▶ [EXERCISE DIRECTIONS]: Say how many lines in the data below contain the word "filename", and give no other text.

*** DATA RECORDS ***

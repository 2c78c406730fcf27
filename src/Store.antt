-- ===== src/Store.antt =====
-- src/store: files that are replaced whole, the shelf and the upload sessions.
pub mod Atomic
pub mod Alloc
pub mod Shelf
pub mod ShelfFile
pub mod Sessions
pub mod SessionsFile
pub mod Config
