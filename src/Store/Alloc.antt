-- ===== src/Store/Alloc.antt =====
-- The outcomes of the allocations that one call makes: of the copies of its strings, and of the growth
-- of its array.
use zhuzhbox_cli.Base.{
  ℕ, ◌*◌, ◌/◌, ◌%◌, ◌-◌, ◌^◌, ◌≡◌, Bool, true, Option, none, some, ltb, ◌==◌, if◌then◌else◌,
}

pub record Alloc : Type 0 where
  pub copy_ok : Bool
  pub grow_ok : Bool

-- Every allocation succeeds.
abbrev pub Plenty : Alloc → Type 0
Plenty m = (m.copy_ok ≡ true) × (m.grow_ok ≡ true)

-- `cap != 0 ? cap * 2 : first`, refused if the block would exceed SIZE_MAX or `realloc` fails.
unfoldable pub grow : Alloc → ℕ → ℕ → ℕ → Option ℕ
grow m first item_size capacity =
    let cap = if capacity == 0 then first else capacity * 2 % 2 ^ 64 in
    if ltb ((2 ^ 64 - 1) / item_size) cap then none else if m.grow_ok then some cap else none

*** End of DATA RECORDS ***
*** DATA RECORDS ***

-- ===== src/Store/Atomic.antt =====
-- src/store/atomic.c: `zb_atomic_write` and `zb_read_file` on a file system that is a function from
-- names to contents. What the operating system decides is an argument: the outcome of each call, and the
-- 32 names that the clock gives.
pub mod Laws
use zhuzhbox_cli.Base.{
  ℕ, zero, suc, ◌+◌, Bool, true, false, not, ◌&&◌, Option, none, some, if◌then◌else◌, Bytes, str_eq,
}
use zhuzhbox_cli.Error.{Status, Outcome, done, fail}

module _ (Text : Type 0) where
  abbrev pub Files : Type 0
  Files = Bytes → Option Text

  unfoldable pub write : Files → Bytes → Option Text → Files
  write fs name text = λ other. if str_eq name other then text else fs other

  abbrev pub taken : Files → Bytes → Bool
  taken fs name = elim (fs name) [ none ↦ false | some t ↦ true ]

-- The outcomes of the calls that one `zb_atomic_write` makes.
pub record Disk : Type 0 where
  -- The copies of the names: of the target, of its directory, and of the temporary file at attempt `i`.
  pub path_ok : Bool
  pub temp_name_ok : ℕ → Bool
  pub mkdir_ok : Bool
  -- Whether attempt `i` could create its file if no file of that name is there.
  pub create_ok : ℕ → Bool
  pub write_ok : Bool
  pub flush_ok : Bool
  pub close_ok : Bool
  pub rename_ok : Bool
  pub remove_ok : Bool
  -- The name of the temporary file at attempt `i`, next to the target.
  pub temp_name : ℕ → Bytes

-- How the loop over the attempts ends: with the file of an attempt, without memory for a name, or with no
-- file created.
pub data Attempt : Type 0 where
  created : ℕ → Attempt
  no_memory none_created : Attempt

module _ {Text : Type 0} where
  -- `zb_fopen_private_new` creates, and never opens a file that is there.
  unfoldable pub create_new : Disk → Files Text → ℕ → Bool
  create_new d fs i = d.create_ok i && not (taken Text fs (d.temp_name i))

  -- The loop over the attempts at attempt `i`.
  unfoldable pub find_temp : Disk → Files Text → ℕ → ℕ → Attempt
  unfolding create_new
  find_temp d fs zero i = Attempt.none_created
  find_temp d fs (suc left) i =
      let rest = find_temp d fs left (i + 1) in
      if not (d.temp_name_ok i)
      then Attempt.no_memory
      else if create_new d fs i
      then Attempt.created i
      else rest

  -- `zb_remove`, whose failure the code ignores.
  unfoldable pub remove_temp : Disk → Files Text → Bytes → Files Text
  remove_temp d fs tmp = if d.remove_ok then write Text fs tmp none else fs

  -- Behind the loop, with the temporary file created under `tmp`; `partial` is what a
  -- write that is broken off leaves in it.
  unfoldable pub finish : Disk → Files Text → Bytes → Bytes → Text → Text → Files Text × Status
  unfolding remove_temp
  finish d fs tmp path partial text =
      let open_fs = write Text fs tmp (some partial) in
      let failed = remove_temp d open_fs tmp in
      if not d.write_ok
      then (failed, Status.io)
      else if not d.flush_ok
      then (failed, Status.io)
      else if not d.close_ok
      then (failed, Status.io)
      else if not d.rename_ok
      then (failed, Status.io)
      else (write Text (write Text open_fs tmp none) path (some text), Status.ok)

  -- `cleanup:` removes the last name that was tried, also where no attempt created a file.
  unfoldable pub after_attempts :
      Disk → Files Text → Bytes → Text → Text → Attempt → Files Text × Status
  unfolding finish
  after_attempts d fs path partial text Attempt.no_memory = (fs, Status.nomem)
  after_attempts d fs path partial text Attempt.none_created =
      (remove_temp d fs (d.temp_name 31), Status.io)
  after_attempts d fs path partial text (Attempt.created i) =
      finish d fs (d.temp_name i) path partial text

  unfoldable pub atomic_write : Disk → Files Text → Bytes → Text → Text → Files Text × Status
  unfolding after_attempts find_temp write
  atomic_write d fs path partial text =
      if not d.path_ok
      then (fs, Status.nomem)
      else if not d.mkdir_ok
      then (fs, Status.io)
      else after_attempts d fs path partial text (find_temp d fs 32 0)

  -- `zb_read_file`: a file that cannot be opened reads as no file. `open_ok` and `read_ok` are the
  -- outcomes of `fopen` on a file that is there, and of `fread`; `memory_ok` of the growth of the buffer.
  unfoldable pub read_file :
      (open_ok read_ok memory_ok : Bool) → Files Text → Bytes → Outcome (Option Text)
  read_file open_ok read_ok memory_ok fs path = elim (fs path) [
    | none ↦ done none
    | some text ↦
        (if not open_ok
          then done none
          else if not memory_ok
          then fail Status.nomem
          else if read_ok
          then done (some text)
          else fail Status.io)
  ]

*** End of DATA RECORDS ***

▶ [COMPLETED TASK]: 2